[Saved entries]
——
-- ===== src/Lzf/Compress/Buffer.antt =====
-- The output of `Compress` while it is written: four bytes for the size, what was written for good,
-- and the rest of the buffer; and the parts of the input.
use golly.Base.{
  ℕ, zero, suc, ◌+◌, ◌≤◌, ◌<◌, [], ◌∷◌, ◌++◌, append_assoc, ◌≡◌, refl, sym, ap, ◌∙◌, arith, Bytes,
  IsBytes,
}
use golly.Base.Calls.{ok, Fuel, write_at, write_at-append}
use golly.Base.Lists.{length, length-append, take, get_or}

abbrev pub front : Bytes → Bytes
front xs = 0 ∷ 0 ∷ 0 ∷ 0 ∷ xs

pub put_front :
    (xs : Bytes) (y : ℕ) (z : Bytes) (j v : ℕ)
    → j ≡ 4 + length xs
    → write_at {E = Fuel} (front (xs ++ y ∷ z)) j v ≡ ok (front (xs ++ v ∷ z))
put_front xs y z j v h = write_at-append (front xs) (y ∷ z) 0 j v (omega arith)

-- A write behind a slot and the bytes that follow it.
pub put_behind :
    (enc : Bytes) (slot : ℕ) (lits : Bytes) (y : ℕ) (z : Bytes) (j v : ℕ)
    → j ≡ 5 + length enc + length lits
    → write_at {E = Fuel} (front (enc ++ slot ∷ (lits ++ y ∷ z))) j v
      ≡ ok (front (enc ++ slot ∷ (lits ++ v ∷ z)))
put_behind enc slot lits y z j v h =
    let regroup : (r : Bytes)
        → front (enc ++ slot ∷ (lits ++ r)) ≡ front ((enc ++ slot ∷ lits) ++ r) =
      λ r. ap front (sym (append_assoc enc (slot ∷ lits) r)) in
    ap (λ b. write_at b j v) (regroup (y ∷ z))
    ∙ put_front (enc ++ slot ∷ lits) y z j v (omega (arith, length-append enc (slot ∷ lits)))
    ∙ ap ok (sym (regroup (v ∷ z)))

pub take-snoc :
    (xs : Bytes) (i : ℕ) → i < length xs → take (suc i) xs ≡ take i xs ++ get_or xs i 0 ∷ []
take-snoc [] i h = absurd (omega arith)
take-snoc (x ∷ xs) zero h = refl
take-snoc (x ∷ xs) (suc i) h = ap (λ r. x ∷ r) (take-snoc xs i (omega arith))

pub take-all : (xs : Bytes) (n : ℕ) → n ≡ length xs → take n xs ≡ xs
take-all [] zero h = refl
take-all [] (suc n) h = refl
take-all (x ∷ xs) zero h = absurd (omega arith)
take-all (x ∷ xs) (suc n) h = ap (λ r. x ∷ r) (take-all xs n (omega arith))

pub get_or-take :
    (xs : Bytes) (n i : ℕ) → i < n → n ≤ length xs → get_or (take n xs) i 0 ≡ get_or xs i 0
get_or-take [] n i h k = absurd (omega arith)
get_or-take (x ∷ xs) zero i h k = absurd (omega arith)
get_or-take (x ∷ xs) (suc n) zero h k = refl
get_or-take (x ∷ xs) (suc n) (suc i) h k = get_or-take xs n i (omega arith) (omega arith)

pub IsBytes-take : (xs : Bytes) (n : ℕ) → IsBytes xs → IsBytes (take n xs)
IsBytes-take xs zero h = tt
IsBytes-take [] (suc n) h = tt
IsBytes-take (x ∷ xs) (suc n) (p, h) = (p, IsBytes-take xs n h)

pub IsBytes-append : (xs ys : Bytes) → IsBytes xs → IsBytes ys → IsBytes (xs ++ ys)
IsBytes-append [] ys hx hy = hy
IsBytes-append (x ∷ xs) ys (p, hx) hy = (p, IsBytes-append xs ys hx hy)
——
EXERCISE DIRECTIONS - Reproduce exactly the section above that begins at the line containing "abbrev pub front : Bytes → Bytes" and ends at the line containing "enc + length lits", leaving out all other lines.

TASK ANSWER -
abbrev pub front : Bytes → Bytes
front xs = 0 ∷ 0 ∷ 0 ∷ 0 ∷ xs

pub put_front :
    (xs : Bytes) (y : ℕ) (z : Bytes) (j v : ℕ)
    → j ≡ 4 + length xs
    → write_at {E = Fuel} (front (xs ++ y ∷ z)) j v ≡ ok (front (xs ++ v ∷ z))
put_front xs y z j v h = write_at-append (front xs) (y ∷ z) 0 j v (omega arith)

-- A write behind a slot and the bytes that follow it.
pub put_behind :
    (enc : Bytes) (slot : ℕ) (lits : Bytes) (y : ℕ) (z : Bytes) (j v : ℕ)
    → j ≡ 5 + length enc + length lits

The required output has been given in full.